Content starts

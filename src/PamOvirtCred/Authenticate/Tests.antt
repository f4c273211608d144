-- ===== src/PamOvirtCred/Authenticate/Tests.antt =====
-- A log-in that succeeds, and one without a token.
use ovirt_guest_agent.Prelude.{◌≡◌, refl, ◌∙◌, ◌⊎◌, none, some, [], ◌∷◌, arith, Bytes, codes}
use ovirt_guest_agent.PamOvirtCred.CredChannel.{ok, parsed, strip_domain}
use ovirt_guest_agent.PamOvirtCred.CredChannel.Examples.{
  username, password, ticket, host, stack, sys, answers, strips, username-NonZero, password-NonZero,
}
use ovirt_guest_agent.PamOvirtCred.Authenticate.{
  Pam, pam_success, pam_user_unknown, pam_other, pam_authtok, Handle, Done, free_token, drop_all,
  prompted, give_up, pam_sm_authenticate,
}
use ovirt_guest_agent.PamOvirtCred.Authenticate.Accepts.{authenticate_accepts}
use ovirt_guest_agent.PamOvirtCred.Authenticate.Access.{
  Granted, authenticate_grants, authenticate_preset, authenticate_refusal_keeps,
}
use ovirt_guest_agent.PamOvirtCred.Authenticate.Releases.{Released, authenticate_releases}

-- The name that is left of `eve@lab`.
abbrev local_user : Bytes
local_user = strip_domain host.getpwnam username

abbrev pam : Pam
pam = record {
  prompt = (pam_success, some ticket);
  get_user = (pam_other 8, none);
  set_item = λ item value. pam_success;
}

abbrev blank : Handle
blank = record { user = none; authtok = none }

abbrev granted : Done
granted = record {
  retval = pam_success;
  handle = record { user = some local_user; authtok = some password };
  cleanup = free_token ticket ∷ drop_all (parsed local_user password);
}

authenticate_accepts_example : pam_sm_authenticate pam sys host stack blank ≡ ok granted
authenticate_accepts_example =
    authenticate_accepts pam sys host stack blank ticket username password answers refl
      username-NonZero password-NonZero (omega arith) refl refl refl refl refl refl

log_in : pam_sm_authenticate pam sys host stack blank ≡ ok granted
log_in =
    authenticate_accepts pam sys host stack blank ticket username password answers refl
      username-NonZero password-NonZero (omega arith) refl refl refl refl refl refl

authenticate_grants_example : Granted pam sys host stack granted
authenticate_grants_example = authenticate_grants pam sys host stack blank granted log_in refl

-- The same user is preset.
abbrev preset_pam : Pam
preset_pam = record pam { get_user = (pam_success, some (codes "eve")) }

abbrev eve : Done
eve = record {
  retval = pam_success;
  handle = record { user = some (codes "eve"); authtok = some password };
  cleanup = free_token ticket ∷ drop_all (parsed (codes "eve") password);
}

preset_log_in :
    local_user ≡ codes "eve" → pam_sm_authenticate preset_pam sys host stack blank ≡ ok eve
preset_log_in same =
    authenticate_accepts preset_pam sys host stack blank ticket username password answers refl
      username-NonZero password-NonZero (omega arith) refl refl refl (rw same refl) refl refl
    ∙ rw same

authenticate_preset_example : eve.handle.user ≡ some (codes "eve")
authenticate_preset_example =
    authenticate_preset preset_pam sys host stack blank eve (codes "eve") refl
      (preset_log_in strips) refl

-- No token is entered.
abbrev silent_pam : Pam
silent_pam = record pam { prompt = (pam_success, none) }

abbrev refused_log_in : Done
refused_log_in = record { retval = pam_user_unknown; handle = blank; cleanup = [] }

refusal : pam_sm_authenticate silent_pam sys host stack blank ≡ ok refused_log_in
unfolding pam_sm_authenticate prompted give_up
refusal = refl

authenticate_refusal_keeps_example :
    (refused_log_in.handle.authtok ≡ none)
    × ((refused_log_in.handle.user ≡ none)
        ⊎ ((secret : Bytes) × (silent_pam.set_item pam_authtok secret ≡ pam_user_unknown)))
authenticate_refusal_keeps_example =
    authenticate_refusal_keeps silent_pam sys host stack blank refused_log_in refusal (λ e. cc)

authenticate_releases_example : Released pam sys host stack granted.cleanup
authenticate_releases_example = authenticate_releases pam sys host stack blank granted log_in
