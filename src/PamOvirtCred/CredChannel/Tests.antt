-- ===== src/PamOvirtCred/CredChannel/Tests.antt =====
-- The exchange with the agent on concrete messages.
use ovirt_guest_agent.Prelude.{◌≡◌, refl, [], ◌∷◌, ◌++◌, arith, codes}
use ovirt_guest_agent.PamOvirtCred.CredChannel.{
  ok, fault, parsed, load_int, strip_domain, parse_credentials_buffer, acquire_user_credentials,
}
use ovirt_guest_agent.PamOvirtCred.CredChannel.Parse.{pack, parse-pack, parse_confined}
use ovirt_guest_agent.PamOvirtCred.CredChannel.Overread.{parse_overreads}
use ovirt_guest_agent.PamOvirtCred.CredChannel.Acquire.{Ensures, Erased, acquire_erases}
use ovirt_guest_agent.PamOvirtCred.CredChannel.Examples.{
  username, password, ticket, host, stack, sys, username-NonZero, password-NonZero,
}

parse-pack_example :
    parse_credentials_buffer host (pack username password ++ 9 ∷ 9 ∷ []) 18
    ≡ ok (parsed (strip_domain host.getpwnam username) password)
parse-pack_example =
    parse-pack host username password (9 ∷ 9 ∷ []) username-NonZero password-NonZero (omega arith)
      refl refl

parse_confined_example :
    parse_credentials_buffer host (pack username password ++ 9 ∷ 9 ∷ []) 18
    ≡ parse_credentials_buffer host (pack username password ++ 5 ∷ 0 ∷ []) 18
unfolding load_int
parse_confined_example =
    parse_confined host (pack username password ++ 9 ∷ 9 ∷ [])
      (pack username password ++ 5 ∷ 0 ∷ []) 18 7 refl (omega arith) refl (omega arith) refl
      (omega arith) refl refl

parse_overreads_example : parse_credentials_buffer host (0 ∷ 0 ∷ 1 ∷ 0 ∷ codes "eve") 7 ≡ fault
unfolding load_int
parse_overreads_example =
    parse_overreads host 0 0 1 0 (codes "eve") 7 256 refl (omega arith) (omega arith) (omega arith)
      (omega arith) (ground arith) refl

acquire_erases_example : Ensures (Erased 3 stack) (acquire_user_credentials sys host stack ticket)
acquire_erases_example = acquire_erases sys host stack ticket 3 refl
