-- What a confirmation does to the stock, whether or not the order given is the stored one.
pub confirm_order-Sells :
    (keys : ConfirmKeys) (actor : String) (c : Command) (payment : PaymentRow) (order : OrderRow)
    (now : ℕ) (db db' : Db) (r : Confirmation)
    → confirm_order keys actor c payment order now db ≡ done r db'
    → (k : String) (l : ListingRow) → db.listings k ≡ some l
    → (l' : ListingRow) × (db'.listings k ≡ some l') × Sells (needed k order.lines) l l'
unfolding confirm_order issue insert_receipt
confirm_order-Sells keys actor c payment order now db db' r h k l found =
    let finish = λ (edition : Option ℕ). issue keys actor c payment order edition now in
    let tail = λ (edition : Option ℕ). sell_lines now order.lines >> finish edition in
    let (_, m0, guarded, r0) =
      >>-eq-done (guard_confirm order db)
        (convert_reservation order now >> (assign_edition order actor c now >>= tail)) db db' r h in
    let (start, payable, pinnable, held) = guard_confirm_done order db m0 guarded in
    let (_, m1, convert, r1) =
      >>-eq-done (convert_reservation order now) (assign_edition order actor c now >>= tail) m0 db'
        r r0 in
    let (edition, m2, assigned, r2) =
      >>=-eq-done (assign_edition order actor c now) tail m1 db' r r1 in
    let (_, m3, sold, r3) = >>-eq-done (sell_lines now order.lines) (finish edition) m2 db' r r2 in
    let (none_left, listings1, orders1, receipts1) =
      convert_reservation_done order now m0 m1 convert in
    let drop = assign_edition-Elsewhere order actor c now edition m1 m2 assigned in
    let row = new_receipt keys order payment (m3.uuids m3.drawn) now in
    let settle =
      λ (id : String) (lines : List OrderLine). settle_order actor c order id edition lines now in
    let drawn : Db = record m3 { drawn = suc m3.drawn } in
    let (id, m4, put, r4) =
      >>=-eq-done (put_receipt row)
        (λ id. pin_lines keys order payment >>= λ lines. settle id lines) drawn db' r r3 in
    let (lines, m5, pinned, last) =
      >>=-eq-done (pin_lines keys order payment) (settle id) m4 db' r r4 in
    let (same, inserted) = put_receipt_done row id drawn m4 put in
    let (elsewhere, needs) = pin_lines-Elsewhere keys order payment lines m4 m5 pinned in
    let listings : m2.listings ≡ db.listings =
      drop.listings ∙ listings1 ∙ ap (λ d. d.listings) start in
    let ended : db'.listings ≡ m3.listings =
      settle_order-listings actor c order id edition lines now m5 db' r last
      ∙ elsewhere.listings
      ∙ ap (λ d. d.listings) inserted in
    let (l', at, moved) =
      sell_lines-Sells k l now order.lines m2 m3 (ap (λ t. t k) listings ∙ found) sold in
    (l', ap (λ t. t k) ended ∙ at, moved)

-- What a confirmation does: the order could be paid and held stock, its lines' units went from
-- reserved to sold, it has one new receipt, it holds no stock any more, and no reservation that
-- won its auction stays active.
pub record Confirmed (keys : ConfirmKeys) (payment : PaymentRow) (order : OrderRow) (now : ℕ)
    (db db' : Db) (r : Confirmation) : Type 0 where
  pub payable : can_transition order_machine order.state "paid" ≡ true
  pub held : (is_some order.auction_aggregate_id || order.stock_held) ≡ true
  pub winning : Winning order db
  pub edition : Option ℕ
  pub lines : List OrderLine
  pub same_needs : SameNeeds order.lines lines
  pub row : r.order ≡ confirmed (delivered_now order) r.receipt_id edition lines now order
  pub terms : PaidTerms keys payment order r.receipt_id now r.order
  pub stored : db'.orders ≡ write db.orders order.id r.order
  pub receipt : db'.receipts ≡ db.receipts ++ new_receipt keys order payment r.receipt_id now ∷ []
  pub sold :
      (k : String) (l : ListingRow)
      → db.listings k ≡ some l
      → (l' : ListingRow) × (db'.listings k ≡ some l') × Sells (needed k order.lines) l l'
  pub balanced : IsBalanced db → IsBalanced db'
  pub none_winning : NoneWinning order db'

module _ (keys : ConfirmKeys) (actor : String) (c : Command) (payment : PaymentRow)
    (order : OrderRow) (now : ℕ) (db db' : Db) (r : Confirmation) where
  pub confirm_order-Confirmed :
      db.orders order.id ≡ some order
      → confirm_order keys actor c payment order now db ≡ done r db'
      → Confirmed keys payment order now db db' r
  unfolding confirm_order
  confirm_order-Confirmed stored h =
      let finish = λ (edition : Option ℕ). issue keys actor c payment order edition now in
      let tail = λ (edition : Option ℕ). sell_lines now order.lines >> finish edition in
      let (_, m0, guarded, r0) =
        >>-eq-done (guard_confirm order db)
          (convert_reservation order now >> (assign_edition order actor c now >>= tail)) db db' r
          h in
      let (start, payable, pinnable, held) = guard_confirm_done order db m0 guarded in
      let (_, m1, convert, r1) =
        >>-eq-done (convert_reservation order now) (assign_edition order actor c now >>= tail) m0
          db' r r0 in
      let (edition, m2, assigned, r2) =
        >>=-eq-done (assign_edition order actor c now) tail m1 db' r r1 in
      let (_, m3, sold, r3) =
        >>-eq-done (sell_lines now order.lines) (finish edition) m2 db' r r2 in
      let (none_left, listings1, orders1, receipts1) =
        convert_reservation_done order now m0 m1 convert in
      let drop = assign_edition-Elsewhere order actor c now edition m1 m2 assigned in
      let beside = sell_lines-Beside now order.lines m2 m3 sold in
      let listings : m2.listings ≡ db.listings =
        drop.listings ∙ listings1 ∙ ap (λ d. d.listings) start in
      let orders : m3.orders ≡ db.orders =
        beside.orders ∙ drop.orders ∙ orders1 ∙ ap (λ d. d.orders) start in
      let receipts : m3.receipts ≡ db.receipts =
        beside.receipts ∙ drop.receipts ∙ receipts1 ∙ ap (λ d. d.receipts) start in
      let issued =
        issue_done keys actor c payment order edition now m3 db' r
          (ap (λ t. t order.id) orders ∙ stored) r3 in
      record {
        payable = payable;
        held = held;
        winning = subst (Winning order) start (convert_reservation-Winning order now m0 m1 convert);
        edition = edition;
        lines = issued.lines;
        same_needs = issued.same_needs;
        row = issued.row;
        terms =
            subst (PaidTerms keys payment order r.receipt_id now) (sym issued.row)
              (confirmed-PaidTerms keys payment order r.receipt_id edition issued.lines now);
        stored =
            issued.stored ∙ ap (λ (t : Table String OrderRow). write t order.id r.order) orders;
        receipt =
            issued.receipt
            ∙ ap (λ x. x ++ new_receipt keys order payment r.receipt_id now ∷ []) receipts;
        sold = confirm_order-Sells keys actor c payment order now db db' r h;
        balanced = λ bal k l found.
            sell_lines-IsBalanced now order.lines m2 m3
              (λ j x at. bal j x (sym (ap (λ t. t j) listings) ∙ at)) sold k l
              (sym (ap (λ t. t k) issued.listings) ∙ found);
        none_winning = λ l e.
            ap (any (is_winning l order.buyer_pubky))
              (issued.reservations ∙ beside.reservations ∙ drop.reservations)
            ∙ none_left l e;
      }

Content ends
Content starts

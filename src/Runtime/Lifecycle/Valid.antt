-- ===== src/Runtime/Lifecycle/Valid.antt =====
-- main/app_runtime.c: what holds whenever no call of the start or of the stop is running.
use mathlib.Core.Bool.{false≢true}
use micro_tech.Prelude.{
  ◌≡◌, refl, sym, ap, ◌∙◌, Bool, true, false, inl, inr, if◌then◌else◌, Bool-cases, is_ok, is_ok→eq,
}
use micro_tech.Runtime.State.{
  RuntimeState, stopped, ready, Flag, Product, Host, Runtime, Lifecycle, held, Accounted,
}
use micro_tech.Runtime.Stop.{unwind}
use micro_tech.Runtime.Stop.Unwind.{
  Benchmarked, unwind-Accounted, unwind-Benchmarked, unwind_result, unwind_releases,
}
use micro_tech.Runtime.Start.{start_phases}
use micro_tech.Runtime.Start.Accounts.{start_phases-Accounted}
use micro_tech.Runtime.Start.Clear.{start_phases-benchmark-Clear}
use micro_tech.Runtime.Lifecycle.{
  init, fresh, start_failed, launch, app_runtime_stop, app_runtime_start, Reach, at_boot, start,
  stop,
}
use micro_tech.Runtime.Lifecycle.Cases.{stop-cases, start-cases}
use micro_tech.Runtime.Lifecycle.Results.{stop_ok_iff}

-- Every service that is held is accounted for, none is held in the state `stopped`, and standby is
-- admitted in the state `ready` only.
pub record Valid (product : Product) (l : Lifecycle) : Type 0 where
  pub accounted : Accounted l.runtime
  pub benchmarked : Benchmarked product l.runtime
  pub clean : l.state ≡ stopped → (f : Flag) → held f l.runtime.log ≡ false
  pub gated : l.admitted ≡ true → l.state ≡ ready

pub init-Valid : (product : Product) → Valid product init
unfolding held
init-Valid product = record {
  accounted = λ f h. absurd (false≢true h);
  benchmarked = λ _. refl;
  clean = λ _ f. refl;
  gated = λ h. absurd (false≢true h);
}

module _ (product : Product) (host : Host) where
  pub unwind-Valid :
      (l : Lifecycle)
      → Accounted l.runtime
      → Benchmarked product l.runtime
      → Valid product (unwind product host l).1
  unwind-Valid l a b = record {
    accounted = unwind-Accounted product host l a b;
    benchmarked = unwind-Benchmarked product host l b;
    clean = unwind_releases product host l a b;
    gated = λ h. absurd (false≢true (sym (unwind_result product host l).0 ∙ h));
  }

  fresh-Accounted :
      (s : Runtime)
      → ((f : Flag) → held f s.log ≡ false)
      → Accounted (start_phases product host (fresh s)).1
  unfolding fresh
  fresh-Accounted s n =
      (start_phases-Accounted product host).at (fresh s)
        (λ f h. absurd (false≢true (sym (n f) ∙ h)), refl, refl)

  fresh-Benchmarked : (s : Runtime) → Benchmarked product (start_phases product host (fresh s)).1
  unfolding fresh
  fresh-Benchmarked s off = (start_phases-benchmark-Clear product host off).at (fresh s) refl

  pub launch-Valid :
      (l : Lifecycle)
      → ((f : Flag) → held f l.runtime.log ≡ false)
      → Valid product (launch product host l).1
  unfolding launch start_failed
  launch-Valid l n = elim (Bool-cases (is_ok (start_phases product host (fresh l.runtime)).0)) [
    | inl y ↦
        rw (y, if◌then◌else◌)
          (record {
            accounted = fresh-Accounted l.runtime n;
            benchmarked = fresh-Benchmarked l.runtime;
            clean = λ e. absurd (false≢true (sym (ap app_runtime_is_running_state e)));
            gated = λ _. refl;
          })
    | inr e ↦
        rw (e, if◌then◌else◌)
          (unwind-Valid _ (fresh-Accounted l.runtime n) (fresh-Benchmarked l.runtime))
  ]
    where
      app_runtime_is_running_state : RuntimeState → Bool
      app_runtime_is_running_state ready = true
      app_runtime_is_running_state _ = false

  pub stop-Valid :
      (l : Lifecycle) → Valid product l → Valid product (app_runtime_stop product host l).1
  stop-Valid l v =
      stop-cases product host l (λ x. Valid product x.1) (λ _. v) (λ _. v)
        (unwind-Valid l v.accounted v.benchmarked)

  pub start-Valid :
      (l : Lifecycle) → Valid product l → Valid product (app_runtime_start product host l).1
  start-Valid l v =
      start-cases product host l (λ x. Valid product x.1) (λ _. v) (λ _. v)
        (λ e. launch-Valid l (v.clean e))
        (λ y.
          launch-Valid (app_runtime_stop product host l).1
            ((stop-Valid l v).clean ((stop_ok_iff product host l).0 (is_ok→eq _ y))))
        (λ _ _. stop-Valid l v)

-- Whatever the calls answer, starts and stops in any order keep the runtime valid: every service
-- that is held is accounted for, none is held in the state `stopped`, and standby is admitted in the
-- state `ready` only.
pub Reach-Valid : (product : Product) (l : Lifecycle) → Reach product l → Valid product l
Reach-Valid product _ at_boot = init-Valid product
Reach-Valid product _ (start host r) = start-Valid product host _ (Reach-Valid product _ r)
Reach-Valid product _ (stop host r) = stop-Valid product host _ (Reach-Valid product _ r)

Content ends

Which of the lines above include the string "admitted"? Pick them out and copy them.

> Answer space
-- admitted in the state `ready` only.
  pub gated : l.admitted ≡ true → l.state ≡ ready
-- that is held is accounted for, none is held in the state `stopped`, and standby is admitted in the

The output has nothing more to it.